Predictions are assessed against 30 years of satellite-derived chlorophyll estimates, which offer a near-global, continuous, multi-decade time series of ocean ecosystem anomalies. Chlorophyll has also been found to be a robust indicator of cross-ecosystem and, in some places, inter-annual fish catch variations.
The global marine biogeochemical prediction system produces skillful chlorophyll predictions one season in advance in many ocean regions and extends beyond 1 year in some regions. In the tropical Pacific, prediction skill is limited to maximum leads of 12 months, with peak skill for fall/winter forecasts and reduced skill for boreal spring predictions. Strong negative/positive winter chlorophyll anomalies are tightly linked to El-Niño/La-Niña events. In the subtropical to temperate North Atlantic, chlorophyll anomalies are not predictable in winter, but are predictable during the productive spring, summer and fall (i.e., the growing season). Furthermore, prediction skill remains evident through two growing seasons with leads up to 24 months.

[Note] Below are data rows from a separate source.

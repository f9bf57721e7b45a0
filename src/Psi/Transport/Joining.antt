-- ===== src/Psi/Transport/Joining.antt =====
-- A packet of `sec2ts_impl` that stuffing ends, in the last byte before a section start or in `flush`.
use mathlib.Core.Path.{subst}
use mopa.Base.{
  ℕ, ◌+◌, ◌-◌, ◌<◌, ◌≤◌, ◌≡◌, refl, sym, ap, ◌∙◌, arith, none, List, [], ◌∷◌, ◌++◌, true, false,
  length, take, drop, set, append_assoc, append-nil, length-append, length-set, ok, bind, le→leb,
  overwrite, replicate,
}
use mopa.Psi.Extractor.{Memcpy, wait_start, Extractor, Sections, ts_packet}
use mopa.Psi.Extractor.Whole.{join}
use mopa.Psi.Transport.Lengths.{AllSent-AllSections, CopiesInPlace, IsSent, AllSent, none_sent}
use mopa.Psi.Packetizer.{Packetizer, producing, finished, fix_header, afc_of, more}
use mopa.Psi.Packetizer.Copying.{fix_header-IsPacket, length-overwrite}
use mopa.Psi.Transport.Header.{header, fix_header_lem}
use mopa.Psi.Transport.Reception.{Hands}
use mopa.Psi.Transport.Arrival.{stuffing_arrives}
use mopa.Psi.Transport.Layout.{set_last, stuff_behind, length-replicate}
use mopa.Psi.Transport.Link.{
  Fits, finished-Fits, Begun, idle, Delivers, Delivers-producing, Delivers-nothing,
}
use mopa.Psi.Transport.Rounds.{afc_is}
use mopa.Psi.Transport.Delivery.{first_lem, room_left}

module _ ⦃m : Memcpy⦄ ⦃place : CopiesInPlace⦄ {S : Type 0} where
  -- A packet that stuffing ends.
  pub stuffed_lem :
      (p : List ℕ) (c : Packetizer S) (e : Extractor) (pending : Sections) (stuffing : List ℕ)
      → Fits c
      → e.callback_set ≡ true
      → AllSent e.max_section_size pending
      → (b : Begun c e (join pending))
      → p ≡ header c.pusi 1 c.pid c.cc ++ b.pointer ++ (b.body ++ 255 ∷ stuffing)
      → length (b.body ++ 255 ∷ stuffing) ≤ 184
      → Hands (ts_packet p e) (record e { cc = c.cc }) (pending ++ []) wait_start []
  stuffed_lem p c e pending stuffing fits set' all b laid short =
      subst (λ x. Hands (ts_packet x e) (record e { cc = c.cc }) (pending ++ []) wait_start [])
        (sym laid)
        (stuffing_arrives c.pusi c.pid c.cc b.pointer b.kept (b.body ++ 255 ∷ stuffing) stuffing e
          pending fits.pid_fits fits.cc_fits b.awaits short set' (AllSent-AllSections all)
          (sym (append_assoc b.kept b.body (255 ∷ stuffing))
            ∙ ap (λ x. x ++ 255 ∷ stuffing) b.so_far))

  -- A packet that is one byte short of full goes out before the section.
  pub padded_lem :
      (fuel : ℕ) (s : List ℕ) (c : Packetizer S) (e : Extractor) (pending : Sections)
      → length s < fuel
      → Fits c
      → e.callback_set ≡ true
      → AllSent e.max_section_size pending
      → IsSent e.max_section_size s
      → c.pusi ≡ false
      → 187 ≤ c.payload_end
      → Begun c e (join pending)
      → Delivers
          (let padded : Packetizer S =
              fix_header false (afc_of c) (record c { packet = set c.packet 187 0xff }) in
            producing padded.packet (more none fuel false s (finished padded)))
          e
          (pending ++ s ∷ [])
  unfolding fix_header
  padded_lem fuel s c e pending h fits set' all one unset full b =
      let pre = b.pointer ++ b.body in
      let filled : Packetizer S = record c { packet = set c.packet 187 0xff } in
      let padded : Packetizer S = fix_header false (afc_of c) filled in
      let room = room_left c e _ fits b in
      let size : length filled.packet ≡ 188 = length-set c.packet 187 0xff ∙ fits.size in
      let laid : padded.packet ≡ header c.pusi 1 c.pid c.cc ++ b.pointer ++ (b.body ++ 255 ∷ []) =
        fix_header_lem false (afc_of c) filled (omega (arith, size))
        ∙ ap (λ a. header false a c.pid c.cc ++ drop 4 filled.packet) (afc_is c b.start)
        ∙ ap (λ x. header x 1 c.pid c.cc ++ drop 4 filled.packet) (sym unset)
        ∙ ap (λ x. header c.pusi 1 c.pid c.cc ++ x)
            (set_last c.packet pre b.free 0xff fits.size b.laid_out
                (omega (arith, room, b.some_room))
              ∙ append_assoc b.pointer b.body (255 ∷ [])) in
      let gone = stuffed_lem padded.packet c e pending [] fits set' all b laid (
        omega (
          arith,
          room,
          b.end_is,
          length-append b.pointer b.body,
          length-append b.body (255 ∷ []),
        )) in
      let fixed = fix_header-IsPacket false (afc_of c) filled size in
      let fits' : Fits padded = record {
        size = fixed.size;
        pid_fits = fits.pid_fits;
        cc_fits = fits.cc_fits;
      } in
      subst (Delivers _ e) (ap (λ x. x ++ s ∷ []) (append-nil pending)) (
        Delivers-producing padded.packet _ e gone.next (pending ++ []) (s ∷ []) gone.returned
          gone.same_limit
          (first_lem fuel s (finished padded) gone.next h (finished-Fits padded fits')
            (gone.still_set ∙ set') gone.state_is
            (subst (λ m. IsSent m s) (sym gone.same_limit) one)))

  -- The bytes of a packet that stuffing ends.
  stuffed_packet :
      (c : Packetizer S) (e : Extractor) (sent_bytes : List ℕ)
      → Fits c
      → (b : Begun c e sent_bytes)
      → (let sent : Packetizer S = fix_header c.pusi (afc_of c) c in
          let str = replicate {A = ℕ} (188 - c.payload_end) 0xff in
          take c.payload_end sent.packet ++ (str ++ drop (c.payload_end + length str) sent.packet))
        ≡ header c.pusi 1 c.pid c.cc
          ++ b.pointer
          ++ (b.body ++ 255 ∷ replicate (length b.free - 1) 255)
  stuffed_packet c e sent_bytes fits b =
      let pre = b.pointer ++ b.body in
      let sent : Packetizer S = fix_header c.pusi (afc_of c) c in
      let n : 188 - c.payload_end ≡ length b.free = omega (arith, room_left c e _ fits b) in
      let laid : sent.packet ≡ header c.pusi 1 c.pid c.cc ++ (pre ++ b.free) =
        fix_header_lem c.pusi (afc_of c) c (omega (arith, fits.size))
        ∙ ap (λ a. header c.pusi a c.pid c.cc ++ drop 4 c.packet) (afc_is c b.start)
        ∙ ap (λ x. header c.pusi 1 c.pid c.cc ++ x) b.laid_out in
      let str = replicate {A = ℕ} (188 - c.payload_end) 0xff in
      let size : length str ≡ length b.free = length-replicate (188 - c.payload_end) 0xff ∙ n in
      ap (λ x. take x sent.packet ++ (str ++ drop (x + length str) sent.packet)) b.end_is
      ∙ ap
          (λ x. take (4 + length pre) sent.packet ++ (str ++ drop (4 + length pre + x) sent.packet))
          size
      ∙ ap
          (λ x.
            take (4 + length pre) sent.packet
            ++ (replicate x 255 ++ drop (4 + length pre + length b.free) sent.packet))
          n
      ∙ ap
          (λ x.
            take (4 + length pre) x
            ++ (replicate (length b.free) 255 ++ drop (4 + length pre + length b.free) x))
          laid
      ∙ stuff_behind _ _ _ _ b.pointer b.body b.free b.some_room

  -- A packet that is begun goes out with stuffing up to its end.
  pub flushed_lem :
      (c : Packetizer S) (e : Extractor) (pending : Sections)
      → Fits c
      → e.callback_set ≡ true
      → AllSent e.max_section_size pending
      → Begun c e (join pending)
      → Delivers
          (let sent : Packetizer S = fix_header c.pusi (afc_of c) c in
            bind
              (overwrite sent.packet c.payload_end (replicate (188 - c.payload_end) 0xff))
              λ packet. ok (packet ∷ [], finished (record sent { packet = packet })))
          e
          pending
  unfolding fix_header overwrite
  flushed_lem c e pending fits set' all b =
      let sent : Packetizer S = fix_header c.pusi (afc_of c) c in
      let room = room_left c e _ fits b in
      let fixed = fix_header-IsPacket c.pusi (afc_of c) c fits.size in
      let str = replicate {A = ℕ} (188 - c.payload_end) 0xff in
      let size : length str ≡ length b.free =
        length-replicate (188 - c.payload_end) 0xff ∙ omega (arith, room) in
      let stuffing = replicate {A = ℕ} (length b.free - 1) 255 in
      let p =
        take c.payload_end sent.packet ++ (str ++ drop (c.payload_end + length str) sent.packet) in
      let filled : p ≡ header c.pusi 1 c.pid c.cc ++ b.pointer ++ (b.body ++ 255 ∷ stuffing) =
        stuffed_packet c e _ fits b in
      let gone = stuffed_lem p c e pending stuffing fits set' all b filled (
        omega (
          arith,
          room,
          b.end_is,
          b.some_room,
          length-append b.pointer b.body,
          length-append b.body (255 ∷ stuffing),
          length-replicate {A = ℕ} (length b.free - 1) 255,
        )) in
      let last : Packetizer S = record sent { packet = p } in
      let fits' : Fits last = record {
        size =
            length-overwrite sent.packet c.payload_end str (omega (arith, size, room, fixed.size))
            ∙ fixed.size;
        pid_fits = fits.pid_fits;
        cc_fits = fits.cc_fits;
      } in
      rw
        (le→leb (c.payload_end + length str) (length sent.packet)
          (omega (arith, size, room, fixed.size)))
        (subst (Delivers _ e) (append-nil (pending ++ []) ∙ append-nil pending) (
          Delivers-producing p _ e gone.next (pending ++ []) [] gone.returned gone.same_limit (
            Delivers-nothing (finished last) gone.next [] record {
              fits = finished-Fits last fits';
              set = gone.still_set ∙ set';
              all = none_sent;
              phase = idle refl refl gone.state_is refl;
            })))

Biogeochemical prediction systems can extend beyond sea surface temperature and chlorophyll to include other potential drivers, including oxygen, acidity, net primary production, and zooplankton. Assessment of net primary production predictions against satellite-based algorithms suggest similar patterns of predictability as chlorophyll, while model-based assessments of the potential predictability of other drivers suggests that they may be more predictable than chlorophyll or sea surface temperature.

Prediction skill in reproducing observed variations of monthly chlorophyll anomaly. (A) Chlorophyll prediction skill measured by the mean monthly anomaly correlation coefficient between predicted and observed chlorophyll at 1-3 month lead time during the period 1997-2017. Stippled areas indicate that the correlation is significantly greater than 0 with 95% confidence. Areas with less than 80% satellite chlorophyll coverage are masked in grey. (BF) Chlorophyll prediction skill as a function of forecast initialization month (x-axis) and lead time (y-axis) in tropical Pacific, Indian, North 315 Atlantic, North Pacific, and South Pacific oceans.

 

Potential utility of marine biogeochemistry prediction for annual fish catch prediction. (A) All shaded LMEs represent regions where past fish catch fluctuations are significantly correlated with observed bottom-up factors (i.e., SST or chlorophyll). Dark grey represents regions where the ESM-based prediction system can predict bottom-up forcing changes, and color shadings represent regions where the ESM-based prediction system can predict both bottom-up forcing changes and reported fish catch. Bottom-up factors and the time lag used for fish catch predictions are shown near each predictable LME. (B-G) Reported (black lines) and predicted (colored lines) annual mean 353 fish catches in (B) Gulf of Alaska, (C) California Current, (D) Humboldt Current, (E) Canadian Eastern Arctic, (F) Agulhas Current, and (G) Somali Coastal Current LMEs (unit: 103 tonnage). Asterisk indicates the significant correlation between reported and predicted annual fish catches.